[[ Input data, beginning ]]

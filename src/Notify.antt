-- ===== src/Notify.antt =====
-- The notify messaging service (leaf/agent/notify/): deduplication, pairing tokens, devices,
-- messages, and the store and the service over them.
pub mod Dedup
pub mod Pubsub
pub mod Token
pub mod JsonFile
pub mod Devices
pub mod Pending
pub mod Message
pub mod Store
pub mod Service
pub mod Watch
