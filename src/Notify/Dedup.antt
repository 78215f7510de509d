-- ===== src/Notify/Dedup.antt =====
-- leaf/agent/notify/pubsub.go: the deduplication of message ids by a `Subscriber`, with the
-- eviction of the oldest half. The map `seen` is a list of its keys, and `subs` has the handles of
-- the subscriptions.
pub mod Window
pub mod Recent
use edge_sync.Base.{
  member, delete, ℕ, ◌+◌, ◌/◌, List, [], ◌∷◌, ◌++◌, Bool, true, false, ite, length, take, drop, ltb,
  not, if◌then◌else◌, Text, text_eq,
}

pub record Subscriber : Type 0 where
  pub dedup : Bool
  pub seen : List Text
  pub seen_order : List Text
  pub subs : List ℕ

abbrev pub max_seen_ids : ℕ
max_seen_ids = 10000

unfoldable pub delete_all : List Text → List Text → List Text
delete_all [] seen = seen
delete_all (a ∷ olds) seen = delete_all olds (delete a seen)

unfoldable pub new_subscriber : Subscriber
new_subscriber = record { dedup = false; seen = []; seen_order = []; subs = [] }

unfoldable pub enable_dedup : Subscriber → Subscriber
enable_dedup s = record s { dedup = true; seen = []; seen_order = [] }

-- The part of `isDuplicate` behind the two early returns.
unfoldable pub remember : ℕ → Text → Subscriber → Subscriber
remember cap id s =
    let order = s.seen_order ++ id ∷ [] in
    let half = length order / 2 in
    if ltb cap (length order)
    then record s {
      seen = delete_all (take half order) (id ∷ s.seen);
      seen_order = drop half order;
    }
    else record s { seen = id ∷ s.seen; seen_order = order }

-- `isDuplicate`, over any cap.
unfoldable pub is_duplicate_at : ℕ → Text → Subscriber → Bool × Subscriber
is_duplicate_at cap id s =
    if not s.dedup
    then (false, s)
    else if member id s.seen
    then (true, s)
    else (false, remember cap id s)

pub is_duplicate : Text → Subscriber → Bool × Subscriber
is_duplicate = is_duplicate_at max_seen_ids

-- The state after the ids of a run of messages.
pub run : ℕ → List Text → Subscriber → Subscriber
run cap [] s = s
run cap (id ∷ ids) s = run cap ids (is_duplicate_at cap id s).1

[[ Input data, end ]]

Would you set down the full listing exactly as it reads?

* [Task output]:
filename src/Notify.antt
-- ===== src/Notify.antt =====
-- The notify messaging service (leaf/agent/notify/): deduplication, pairing tokens, devices,
-- messages, and the store and the service over them.
pub mod Dedup
pub mod Pubsub
pub mod Token
pub mod JsonFile
pub mod Devices
pub mod Pending
pub mod Message
pub mod Store
pub mod Service
pub mod Watch
filename src/Notify/Dedup.antt
repository 78215f7510de509d
-- ===== src/Notify/Dedup.antt =====
-- leaf/agent/notify/pubsub.go: the deduplication of message ids by a `Subscriber`, with the
-- eviction of the oldest half. The map `seen` is a list of its keys, and `subs` has the handles of
-- the subscriptions.
pub mod Window
pub mod Recent
use edge_sync.Base.{
  member, delete, ℕ, ◌+◌, ◌/◌, List, [], ◌∷◌, ◌++◌, Bool, true, false, ite, length, take, drop, ltb,
  not, if◌then◌else◌, Text, text_eq,
}

pub record Subscriber : Type 0 where
  pub dedup : Bool
  pub seen : List Text
  pub seen_order : List Text
  pub subs : List ℕ

abbrev pub max_seen_ids : ℕ
max_seen_ids = 10000

unfoldable pub delete_all : List Text → List Text → List Text
delete_all [] seen = seen
delete_all (a ∷ olds) seen = delete_all olds (delete a seen)

unfoldable pub new_subscriber : Subscriber
new_subscriber = record { dedup = false; seen = []; seen_order = []; subs = [] }

unfoldable pub enable_dedup : Subscriber → Subscriber
enable_dedup s = record s { dedup = true; seen = []; seen_order = [] }

-- The part of `isDuplicate` behind the two early returns.
unfoldable pub remember : ℕ → Text → Subscriber → Subscriber
remember cap id s =
    let order = s.seen_order ++ id ∷ [] in
    let half = length order / 2 in
    if ltb cap (length order)
    then record s {
      seen = delete_all (take half order) (id ∷ s.seen);
      seen_order = drop half order;
    }
    else record s { seen = id ∷ s.seen; seen_order = order }

-- `isDuplicate`, over any cap.
unfoldable pub is_duplicate_at : ℕ → Text → Subscriber → Bool × Subscriber
is_duplicate_at cap id s =
    if not s.dedup
    then (false, s)
    else if member id s.seen
    then (true, s)
    else (false, remember cap id s)

pub is_duplicate : Text → Subscriber → Bool × Subscriber
is_duplicate = is_duplicate_at max_seen_ids

-- The state after the ids of a run of messages.
pub run : ℕ → List Text → Subscriber → Subscriber
run cap [] s = s
run cap (id ∷ ids) s = run cap ids (is_duplicate_at cap id s).1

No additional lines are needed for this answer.